MiniMax TTS

Security checks across malware telemetry and agentic risk

Overview

This MiniMax text-to-speech skill is coherent and disclosed, but users should be careful with API keys, sensitive text or voice data, and voice deletion commands.

Install only if you trust MiniMax with the text and voice-related data you submit. Keep MINIMAX_API_KEY private, avoid sending secrets or regulated content, clone voices only with the speaker's permission, and double-check any --delete voice_id because custom voice deletion may be irreversible.

SkillSpector

By NVIDIA

Vulnerability Patterns

Data ExfiltrationExternal Transmission, Env Variable Harvesting, File System Enumeration
Excessive AgencyUnrestricted Tool Access, Autonomous Decision Making, Scope Creep
Taint TrackingDirect Taint Flow, Variable-Mediated Taint Flow, Credential Exfiltration Chain
MCP Least PrivilegeUnderdeclared Capability, Wildcard Permission, Missing Permission Declaration
MCP Tool PoisoningHidden Instructions, Unicode Deception, Parameter Description Injection

Findings (13)

Tainted flow: 'download_url' from requests.get (line 96, network input) → requests.get (network output)

Medium

Category: Data Flow
Content: download_url = result["file"]["download_url"] print(f"正在下载音频...") audio_resp = requests.get(download_url, timeout=60) with open(save_path, 'wb') as f: f.write(audio_resp.content)
Confidence: 90% confidence
Finding: audio_resp = requests.get(download_url, timeout=60)

Lp3

Medium

Category: MCP Least Privilege
Confidence: 94% confidence
Finding: The skill uses environment variables and makes outbound network requests to a third-party API, but no corresponding permissions are declared. This weakens platform trust boundaries because users and reviewers are not clearly informed that local secrets and external transmission are involved.

Tp4

High

Category: MCP Tool Poisoning
Confidence: 91% confidence
Finding: The skill is presented primarily as a text-to-speech tool, but the documented behavior also includes voice-resource management such as listing and deleting voices. This mismatch can mislead users about the scope of actions the skill may take, increasing the risk of unexpected destructive operations on user assets.

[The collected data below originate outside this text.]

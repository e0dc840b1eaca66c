-- ===== src/Text/Normal.antt =====
-- `" ".join(s.split())` leaves words that are split by single blanks, and is idempotent.
use Prim.Native.Char.{Char}
use umcp.Prelude.{
  String, ◌≡◌, ◌≢◌, if◌then◌else◌, refl, ap, ◌∙◌, true, false, List, [], ◌∷◌, arith, inl, inr,
  Bool-cases,
}
use umcp.Text.{
  is_space, split, starts_word, extend_word, append, join, normalize, is_blank, strip, lstrip,
  rstrip,
}

-- no blank in the text
abbrev pub Solid : String → Type 0
Solid String.[] = Unit
Solid (String.◌∷◌ c s) = (is_space c ≡ false) × Solid s

abbrev pub IsWord : String → Type 0
IsWord String.[] = ⊥
IsWord (String.◌∷◌ c s) = (is_space c ≡ false) × Solid s

abbrev pub AllWords : List String → Type 0
AllWords [] = Unit
AllWords (w ∷ ws) = IsWord w × AllWords ws

extend_word-AllWords :
    (c : Char) (ws : List String) → is_space c ≡ false → AllWords ws → AllWords (extend_word c ws)
extend_word-AllWords c [] h k = ((h, tt), tt)
extend_word-AllWords c (String.[] ∷ ws) h k = absurd k.0
extend_word-AllWords c (String.◌∷◌ d w ∷ ws) h k = ((h, k.0), k.1)

pub split-AllWords : (s : String) → AllWords (split s)
unfolding split
split-AllWords String.[] = tt
split-AllWords (String.◌∷◌ c s) = elim (Bool-cases (is_space c)) [
  | inl blank ↦ rw blank (split-AllWords s)
  | inr solid ↦ rw solid (elim (Bool-cases (starts_word s)) [
    | inl on ↦ rw on (extend_word-AllWords c (split s) solid (split-AllWords s))
    | inr off ↦ rw off ((solid, tt), split-AllWords s)
  ])
]

-- A word in front of a text that does not go on with a word is split off whole.
split-append : (w t : String) → IsWord w → starts_word t ≡ false → split (append w t) ≡ w ∷ split t
unfolding split
split-append String.[] t h e = absurd h
split-append (String.◌∷◌ c String.[]) t h e = rw (h.0, e) refl
split-append (String.◌∷◌ c (String.◌∷◌ d w)) t h e =
    rw (h.0, h.1.0) (ap (extend_word c) (rw h.1.0 at (split-append (String.◌∷◌ d w) t h.1 e)))

append-empty : (w : String) → append w String.[] ≡ w
append-empty String.[] = refl
append-empty (String.◌∷◌ c w) = ap (String.◌∷◌ c) (append-empty w)

-- a blank in front separates words and is none
blank_separates :
    (t : String) → (starts_word (append " " t) ≡ false) × (split (append " " t) ≡ split t)
unfolding split is_space
blank_separates t = (refl, refl)

pub split-join : (ws : List String) → AllWords ws → split (join ws) ≡ ws
unfolding split
split-join [] h = refl
split-join (w ∷ []) h = rw (append-empty w) at (split-append w String.[] h.0 refl)
split-join (w ∷ (v ∷ ws)) h =
    let (apart, skipped) = blank_separates (join (v ∷ ws)) in
    split-append w (append " " (join (v ∷ ws))) h.0 apart
    ∙ ap (λ x. w ∷ x) (skipped ∙ split-join (v ∷ ws) h.1)

-- Normalising a text a second time changes nothing.
pub normalize_idem : (s : String) → normalize (normalize s) ≡ normalize s
unfolding normalize
normalize_idem s = ap join (split-join (split s) (split-AllWords s))

-- a text with no words is blank
blank_of_no-words : (s : String) → split s ≡ [] → is_blank s ≡ true
unfolding split is_blank strip lstrip rstrip
blank_of_no-words String.[] h = refl
blank_of_no-words (String.◌∷◌ c s) h = elim (Bool-cases (is_space c)) [
  | inl blank ↦ rw (blank) (blank_of_no-words s (rw blank at h))
  | inr solid ↦ absurd (cons_word c s (rw solid at h))
]
  where
    cons_word :
        (c : Char) (s : String)
        → (if starts_word s then extend_word c (split s) else String.◌∷◌ c String.[] ∷ split s) ≡ []
        → ⊥
    cons_word c s e = ground (arith)

-- a text that begins with a word is not blank
not-blank_of_word : (w t : String) → IsWord w → is_blank (append w t) ≡ false
unfolding is_blank strip lstrip rstrip
not-blank_of_word String.[] t h = absurd h
not-blank_of_word (String.◌∷◌ c w) t h = ground arith

join-not-blank : (ws : List String) → AllWords ws → ws ≢ [] → is_blank (join ws) ≡ false
join-not-blank [] h ne = absurd (ne refl)
join-not-blank (w ∷ []) h ne = rw (append-empty w) at (not-blank_of_word w String.[] h.0)
join-not-blank (w ∷ (v ∷ ws)) h ne = not-blank_of_word w (append " " (join (v ∷ ws))) h.0

-- Normalising a text that is not blank leaves a text that is not blank.
pub is_blank-normalize : (s : String) → is_blank s ≡ false → is_blank (normalize s) ≡ false
unfolding normalize
is_blank-normalize s h = join-not-blank (split s) (split-AllWords s) λ e. cc (blank_of_no-words s e)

Description-Behavior Mismatch

Medium

Confidence: 94% confidence
Finding: The file documents an irreversible `del_voice` operation even though the skill is described as a TTS capability. Expanding the documented capability surface to include destructive voice-management actions increases the chance an agent or integrator invokes deletion unexpectedly, especially if the skill is auto-selected for voice-related tasks.

Description-Behavior Mismatch

Medium

Confidence: 88% confidence
Finding: The file is presented as a voice-list/query utility, but it also contains a destructive delete capability that can remove user voice assets. Hidden or under-disclosed destructive behavior increases the chance of accidental or unauthorized data loss, especially when embedded in a broader TTS skill context where users would not expect deletion actions.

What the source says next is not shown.